The Cobweb

Clyde slowed, pulled over into the right lane, eased the wagon into the median, and executed a perfect cop turn, rumbling up into the northbound lanes with enough turbulence to bounce Maggie around in her seat but not enough to wake her. He followed the skid marks on the pavement to the gouges in the ditch, and the gouges to the gap in the fence, parked the wagon on the shoulder, and set the emergency flashers. He took a flashlight and some flares out of the glove compartment, fired up the flares, and tossed them onto the road. He took Maggie, still in her child seat, out of the car, and set her up on a fence post well away from the highway, in case the Murder Car got rear-ended by a semi while he was investigating.

 

The occupants of the car had been lucky that it had not flipped over and suffered much worse damage. Instead it had remained on its wheels and burned off kinetic energy by boring a surprisingly long tunnel through the corn. Along the way it deposited a trail of Marlboro cartons, like Hansel and Gretel dropping bread crumbs. Apparently the trunk had been full of them and had popped open as the car had been wrenched this way and that in the ditch. As Clyde followed the trail of white-and-red cartons glowing brilliantly in the beam of his flashlight, he could hear low voices conversing. The car’s wild trajectory had scared him half out of his wits, and he was irked to find that the actual occupants of the car were now laughing. He could not make out what they were saying, and as he drew closer, he realized that they were speaking in an unfamiliar language.

 

“Hello!” he called.

 

The voices became quiet for a moment. “Hyello?” someone answered carefully.

 

Finally he could see the car.

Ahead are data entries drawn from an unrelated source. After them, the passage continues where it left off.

-- ===== src/Collaboration/Engine/Exchanged.antt =====
-- The checks of `advance_collaboration` beside those of `require_semantic_integrity` on one exchange.
use super_scientist_orchestr.Prelude.{
  ℕ, ◌+◌, String, ◌≡◌, refl, sym, ap, ◌∙◌, subst, true, false, not, ◌&&◌, Option, none, some, List,
  [], ◌∷◌, ◌++◌, arith, ltb, leb, and_left, and_right, ==_iff, ==_comm, nat_eq, string_eq,
  option_eq, list_eq, pair_eq, bool_eq, length, all, contains, subset, last, bind_inv, is_some,
  bind_intro, guard_intro, some_inj, guard_inv,
}
use super_scientist_orchestr.Collaboration.{
  Resources, artifact_eq, PeerRequest, PeerContribution, CollaborationState, Platform,
}
use super_scientist_orchestr.Collaboration.Usage.{
  accumulate, accumulate-append, add_usage, within_budget, usage_matches, remaining,
}
use super_scientist_orchestr.Collaboration.Topology.{eligible_peer_ids, first, peer_ids}
use super_scientist_orchestr.Collaboration.Termination.{
  peers_of, parent_depth, set_depth, contribution_depths,
}
use super_scientist_orchestr.Collaboration.Integrity.{
  parent_binds, is_declared_sender, exchange_binds, exchange_step,
}
use super_scientist_orchestr.Collaboration.Engine.Progressed.{map-append-last}
use super_scientist_orchestr.Collaboration.Engine.{
  contribution_ids_of, exchanged, is_expected, has_declared_uses, next_peer, evaluate_termination,
  require_parents, is_affordable,
}
use super_scientist_orchestr.Collaboration.Observation.{request_ids_of}
use super_scientist_orchestr.Collaboration.Engine.Retained.{
  retained_of, last-is_declared_sender, eligible-declared,
}

module _ (platform : Platform) (s : CollaborationState) where
  expected-next :
      (r : PeerRequest) (c : PeerContribution)
      → is_expected platform s.session s r c ≡ true
      → next_peer platform s.session s ≡ some r.recipient_id
  unfolding is_expected
  expected-next r c h =
      (==_iff (next_peer platform s.session s) (some r.recipient_id)).0 (ground arith)

  pub expected-first :
      (r : PeerRequest) (c : PeerContribution)
      → is_expected platform s.session s r c ≡ true
      → first (
          eligible_peer_ids s.session s.topology
            (peers_of s.contributions)
            (last (peers_of s.contributions)))
        ≡ some r.recipient_id
  unfolding next_peer
  expected-first r c h =
      (guard_inv (is_some (evaluate_termination platform s)) _ (expected-next r c h)).1

  exchange_binds-expected :
      (r : PeerRequest) (c : PeerContribution) (depths : List (String × ℕ))
      → is_expected platform s.session s r c ≡ true
      → has_declared_uses platform s.session r c ≡ true
      → parent_binds r.parent_contribution_id
          (contribution_ids_of platform s.contributions)
          c.parent_contribution_ids
        ≡ true
      → subset c.parent_contribution_ids (contribution_ids_of platform s.contributions) ≡ true
      → all (contains (peer_ids s.session)) (peers_of s.contributions) ≡ true
      → contains (request_ids_of platform s.requests) r.request_id ≡ false
      → exchange_binds platform s.session
          (retained_of platform s depths)
          (length s.requests + 1)
          r
          c
        ≡ true
  unfolding is_expected has_declared_uses exchange_binds retained_of
  exchange_binds-expected r c depths h uses binds parents declared fresh =
      let sender : is_declared_sender s.session r.sender_id ≡ true =
        ap (is_declared_sender s.session)
          ((==_iff r.sender_id (last (peers_of s.contributions))).0 (ground arith))
        ∙ last-is_declared_sender platform s.session s.contributions declared in
      let recipient : contains (peer_ids s.session) r.recipient_id ≡ true =
        (eligible-declared platform s.session s.topology (peers_of s.contributions)
          (last (peers_of s.contributions)) (expected-first r c h)).0 in
      ground (arith, ==_comm c.peer_id r.recipient_id)

  -- What `require_parents` checks, and the depth that it derives.
  pub require_parents-inv :
      (r : PeerRequest) (c : PeerContribution) (depths : List (String × ℕ)) {depth : ℕ}
      → contribution_depths [] s.contributions ≡ some depths
      → require_parents platform s.session s r c ≡ some depth
      → ((parent_binds r.parent_contribution_id
              (contribution_ids_of platform s.contributions)
              c.parent_contribution_ids
            ≡ true)
          × (subset c.parent_contribution_ids (contribution_ids_of platform s.contributions)
              ≡ true))
        × (parent_depth depths c.parent_contribution_ids ≡ some depth)
        × (leb depth s.session.budget.max_parent_depth ≡ true)
  unfolding require_parents
  require_parents-inv r c depths {depth} d h =
      let known = contribution_ids_of platform s.contributions in
      let (g, h1) =
        guard_inv
          (not (
            parent_binds r.parent_contribution_id known c.parent_contribution_ids
            && subset c.parent_contribution_ids known))
          _ h in
      let (depths', e, h2) = bind_inv (contribution_depths [] s.contributions) _ h1 in
      let (found, f, h3) = bind_inv (parent_depth depths' c.parent_contribution_ids) _ h2 in
      let (bound, same) = guard_inv (ltb s.session.budget.max_parent_depth found) _ h3 in
      let equal : depths' ≡ depths = some_inj (sym e ∙ d) in
      (
        (ground arith, ground arith),
        subst (λ l. parent_depth l c.parent_contribution_ids ≡ some depth) equal (f ∙ same),
        ground (arith, some_inj same),
      )

  -- What `is_affordable` checks.
  pub is_affordable-inv :
      (r : PeerRequest) (u : Resources)
      → is_affordable platform s.session s r u ≡ true
      → (expected : Resources) × (remaining platform
            (accumulate s.usage_history)
            s.session.budget.resources
          ≡ some expected)
        × (usage_matches r.remaining_budget expected ≡ true)
        × (within_budget (add_usage (accumulate s.usage_history) u) s.session.budget.resources
            ≡ true)
  unfolding is_affordable
  is_affordable-inv r u h =
      at_rest (remaining platform (accumulate s.usage_history) s.session.budget.resources) refl h
    where
      at_rest :
          (o : Option Resources)
          → remaining platform (accumulate s.usage_history) s.session.budget.resources ≡ o
          → (elim o [
            | none ↦ false
            | some expected ↦
                usage_matches r.remaining_budget expected
                && within_budget (accumulate (s.usage_history ++ u ∷ [])) s.session.budget.resources
          ])
            ≡ true
          → (expected : Resources) × (remaining platform
                (accumulate s.usage_history)
                s.session.budget.resources
              ≡ some expected)
            × (usage_matches r.remaining_budget expected ≡ true)
            × (within_budget (add_usage (accumulate s.usage_history) u) s.session.budget.resources
                ≡ true)
      at_rest none e k = absurd (ground arith)
      at_rest (some expected) e k =
          let bound =
            and_right (usage_matches r.remaining_budget expected)
              (within_budget (accumulate (s.usage_history ++ u ∷ [])) s.session.budget.resources)
              k in
          (
            expected,
            e,
            and_left (usage_matches r.remaining_budget expected) _ k,
            subst (λ t. within_budget t s.session.budget.resources ≡ true)
                (accumulate-append s.usage_history u) bound,
          )

  -- One exchange passes the checks of the validator, which keeps what the engine derives.
  pub exchange_step-retained_of :
      (r : PeerRequest) (c : PeerContribution) (u : Resources) (depths : List (String × ℕ))
      {depth : ℕ}
      → contribution_depths [] s.contributions ≡ some depths
      → is_expected platform s.session s r c ≡ true
      → has_declared_uses platform s.session r c ≡ true
      → require_parents platform s.session s r c ≡ some depth
      → is_affordable platform s.session s r u ≡ true
      → all (contains (peer_ids s.session)) (peers_of s.contributions) ≡ true
      → contains (request_ids_of platform s.requests) r.request_id ≡ false
      → exchange_step platform s.session
          (retained_of platform s depths)
          (length s.requests + 1)
          r
          c
          u
        ≡ some (
            retained_of platform
              (exchanged platform s.session s r c u)
              (set_depth c.contribution_id depth depths))
  unfolding exchange_step retained_of exchanged
  exchange_step-retained_of r c u depths {depth} d h uses p a declared fresh =
      let ((binds, parents), found, bound) = require_parents-inv r c depths d p in
      let (expected, rest, matches, within) = is_affordable-inv r u a in
      guard_intro (ap not (exchange_binds-expected r c depths h uses binds parents declared fresh))
        (bind_intro _ found (
          bind_intro _ rest (
            guard_intro
              {b = not (
                leb depth s.session.budget.max_parent_depth
                && usage_matches r.remaining_budget expected
                && within_budget (add_usage (accumulate s.usage_history) u)
                    s.session.budget.resources)}
              (ground arith)
              (ground (
                arith,
                map-append-last (λ c. c.contribution_id) s.contributions c,
                map-append-last (λ r. r.request_id) s.requests r,
                accumulate-append s.usage_history u,
              )))))
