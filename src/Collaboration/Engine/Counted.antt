-- ===== src/Collaboration/Engine/Counted.antt =====
-- The counts of a state of the engine, beside the bounds of its session on them.
use super_scientist_orchestr.Prelude.{
  ℕ, ◌+◌, ◌<◌, String, ◌≡◌, refl, sym, ap, ◌∙◌, subst, inl, inr, Bool, true, false, none, some,
  List, [], ◌∷◌, ◌++◌, arith, ltb, leb, if◌then◌else◌, Bool-cases, ◌==◌, ==_iff, nat_eq, string_eq,
  option_eq, list_eq, pair_eq, bool_eq, length, any, length-append, contains, is_some,
}
use super_scientist_orchestr.Collaboration.{
  Resources, TopologySnapshot, TopologyEvent, PeerRequest, PeerContribution, CollaborationState,
  CollaborationTransitionKind, Platform,
}
use super_scientist_orchestr.Collaboration.Usage.{usage_matches_refl, sum_usage}
use super_scientist_orchestr.Collaboration.Topology.{count}
use super_scientist_orchestr.Collaboration.Termination.{
  any_count, peers_of, termination_reason, summarize,
}
use super_scientist_orchestr.Collaboration.Integrity.{counts_bind}
use super_scientist_orchestr.Collaboration.Engine.{
  evaluate_termination, exchanged, rearranged, is_next_event,
}
use super_scientist_orchestr.Collaboration.Engine.Progressed.{map-append-last}

any-false :
    (p : String → Bool) (xs : List String) (k : String)
    → any p xs ≡ false
    → contains xs k ≡ true
    → p k ≡ false
any-false p [] k h m = absurd (ground arith)
any-false p (x ∷ xs) k h m = elim (Bool-cases (k == x)) [
  | inl same ↦ ap p ((==_iff k x).0 same) ∙ ground arith
  | inr other ↦ any-false p xs k (ground arith) (ground arith)
]

any-none : (p : String → Bool) (xs : List String) → ((k : String) → p k ≡ false) → any p xs ≡ false
any-none p [] h = refl
any-none p (x ∷ xs) h = ground (arith, h x, any-none p xs h)

count-zero : (xs : List String) (k : String) → contains xs k ≡ false → count k xs ≡ 0
count-zero [] k h = refl
count-zero (x ∷ xs) k h = ground (arith, count-zero xs k)

count-append :
    (k : String) (xs : List String) (x : String)
    → count k (xs ++ x ∷ []) ≡ count k xs + (if k == x then 1 else 0)
count-append k [] x = ground arith
count-append k (y ∷ ys) x = ground (arith, count-append k ys x)

-- Where no counted value has reached the bound, one more of any value does not exceed it.
any_count-append :
    (m : ℕ) (xs : List String) (x : String)
    → 0 < m
    → any_count (λ n. leb m n) xs ≡ false
    → any_count (λ n. ltb m n) (xs ++ x ∷ []) ≡ false
any_count-append m xs x pos h =
    any-none (λ k. ltb m (count k (xs ++ x ∷ []))) (xs ++ x ∷ [])
      (λ k.
        let below : count k xs < m = elim (Bool-cases (contains xs k)) [
          | inl counted ↦ ground (arith, any-false (λ k. leb m (count k xs)) xs k h counted)
          | inr new ↦ ground (arith, count-zero xs k new)
        ] in
        ground (arith, count-append k xs x))

any_count_weaken :
    (m : ℕ) (xs : List String)
    → any_count (λ n. leb m n) xs ≡ false
    → any_count (λ n. ltb m n) xs ≡ false
any_count_weaken m xs h = weaken xs h
  where
    weaken :
        (ks : List String)
        → any (λ k. leb m (count k xs)) ks ≡ false
        → any (λ k. ltb m (count k xs)) ks ≡ false
    weaken [] h = refl
    weaken (k ∷ ks) h = ground (arith, weaken ks)

module _ (platform : Platform) (s : CollaborationState) where
  -- What a state has left that has not ended.
  pub record HasLeft : Type 0 where
    pub hops : length s.contributions < s.session.budget.max_hops
    pub contributions : length s.contributions < s.session.budget.max_contributions
    pub per_peer :
        any_count
          (λ n. leb s.session.budget.max_contributions_per_peer n)
          (peers_of s.contributions)
        ≡ false

  pub going-HasLeft : is_some (evaluate_termination platform s) ≡ false → HasLeft
  unfolding evaluate_termination termination_reason summarize
  going-HasLeft h = record {
    hops = ground arith;
    contributions = ground arith;
    per_peer = ground arith;
  }

  pub exchanged-counts_bind :
      (r : PeerRequest) (c : PeerContribution) (u : Resources)
      → HasLeft
      → 0 < s.session.budget.max_contributions_per_peer
      → counts_bind platform s.session s ≡ true
      → counts_bind platform s.session (exchanged platform s.session s r c u) ≡ true
  unfolding counts_bind exchanged
  exchanged-counts_bind r c u left pos h =
      let max = s.session.budget.max_contributions_per_peer in
      let per_peer : any_count (λ n. ltb max n) (peers_of (s.contributions ++ c ∷ [])) ≡ false =
        subst (λ (l : List String). any_count (λ n. ltb max n) l ≡ false)
          (sym (map-append-last (λ c. c.peer_id) s.contributions c))
          (any_count-append max (peers_of s.contributions) c.peer_id pos left.per_peer) in
      ground (
        arith,
        per_peer,
        length-append s.contributions (c ∷ []),
        length-append s.transitions (
            record {
              position = s.scheduling_position + 1;
              kind = CollaborationTransitionKind.peer_exchange;
              request_id = some r.request_id;
              contribution_id = some c.contribution_id;
              topology_event_id = none;
            }
            ∷ []),
        usage_matches_refl (sum_usage platform (s.usage_history ++ u ∷ [])),
      )

  pub rearranged-counts_bind :
      (event : TopologyEvent) (after : TopologySnapshot)
      → is_next_event platform s.session s event ≡ true
      → counts_bind platform s.session s ≡ true
      → counts_bind platform s.session (rearranged platform s.session s event after) ≡ true
  unfolding counts_bind rearranged is_next_event
  rearranged-counts_bind event after next h = ground (
    arith,
    length-append s.topology_events (event ∷ []),
    length-append s.transitions (
        record {
          position = s.scheduling_position + 1;
          kind = CollaborationTransitionKind.topology_event;
          request_id = none;
          contribution_id = none;
          topology_event_id = some event.event_id;
        }
        ∷ []),
  )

They had turned the headlights on, illuminating a solid wall of corn plants, shoved all four doors open, knocking down more corn in the process, and had gathered in the car’s wake, which was the only clear place they could stand. There were several of them. Clyde twisted the bezel of his flashlight to get a wide-angle beam and gave the scene a careful look before coming any closer. It was a big, new Buick LeSabre with a Hertz sticker.

 

He counted five men. All of them were smoking, which struck him as poor judgment in the present circumstances.

 

They all held their cigarettes between thumb and index finger, like darts. They stood there smoking and bleeding and looking ridiculously nonchalant. One of them stepped forward. He was tall and blond and had a very thin, hatchetlike face and gray-green eyes. At first glance he looked like a teenager, but as time went on, Clyde’s estimate of his age steadily climbed all the way up to about forty.

 

“Sheriff,” Clyde said.

 

“Zdraustvui,” the man answered. “This means ‘Greetings, friend!’ in Russian. I am Vitaly. God bless you for coming to save us, Mr. Sheriff.” He stepped forward and shook Clyde’s hand limply.

 

“Clyde Banks,” Clyde said. He realized that the odor he’d been smelling wasn’t gasohol from their fuel tank. It was booze on their breaths.

 

Another man came forward with a fresh Marlboro carton in each hand, holding them out as gifts. Clyde politely turned him down.

 

“How ’bout if we get you guys to the hospital?” Clyde said.

 

“Not important, my friend. We go to the airport.” Vitaly tapped his watch.

 

“There’s plenty of time. The flight to Chicago leaves at eight A.M.”

 

Vitaly seemed to find this funny and spoke to his cohorts in Russian. Clyde heard the word “Chicago” in there and realized that Vitaly was translating. The men all laughed.

 

“My friend, the flight to Kazakhstan leaves as soon as we get to the airport,” Vitaly said.

 

Clyde finally figured it out at that moment and felt stupid for not having figured it out before.

 

The Forks County Airport served as home base for an Iowa Air National Guard unit that specialized in heavy transport. Its twelve-thousand-foot runway happened to be perfect for the unbelievably large Soviet-built transport planes known as Antonovs, and there were a couple of companies in Nishnabotna that occasionally used them. One was Nishnabotna Forge, ninety percent of which had gone out of business in the seventies, but which still operated a small production line in one corner of their empty, echoing plant. They made a type of steel tubing much prized by oil drillers in distant, godforsaken parts of the globe, who sporadically felt a frantic demand for the product. So the Forge would occasionally call in the Antonov, load it with steel tube, and send it off to the Brooks Range or to Central Asia. The Antonov would come larruping across the skies of eastern Iowa, triggering tornado sirens and spraying the corn with a fine mist of oily soot, kick out its giant landing gear—multiple long rows of fat black tires—and slam down on that big runway to pick up its load.

 

Clyde had never met or even seen the crew before. It was rumored that they slept on the plane.

 

“Maybe someone ought to have a look at that before you take off,” Clyde said, nodding at the one with the crooked arm.

 

“We must get back to Perestroika,” Vitaly said. “You see, that is the name of our airplane, in honor of Gorbachev. Myi biznesmeny—we are businessmen. We are afraid—your hospital—too expensive.”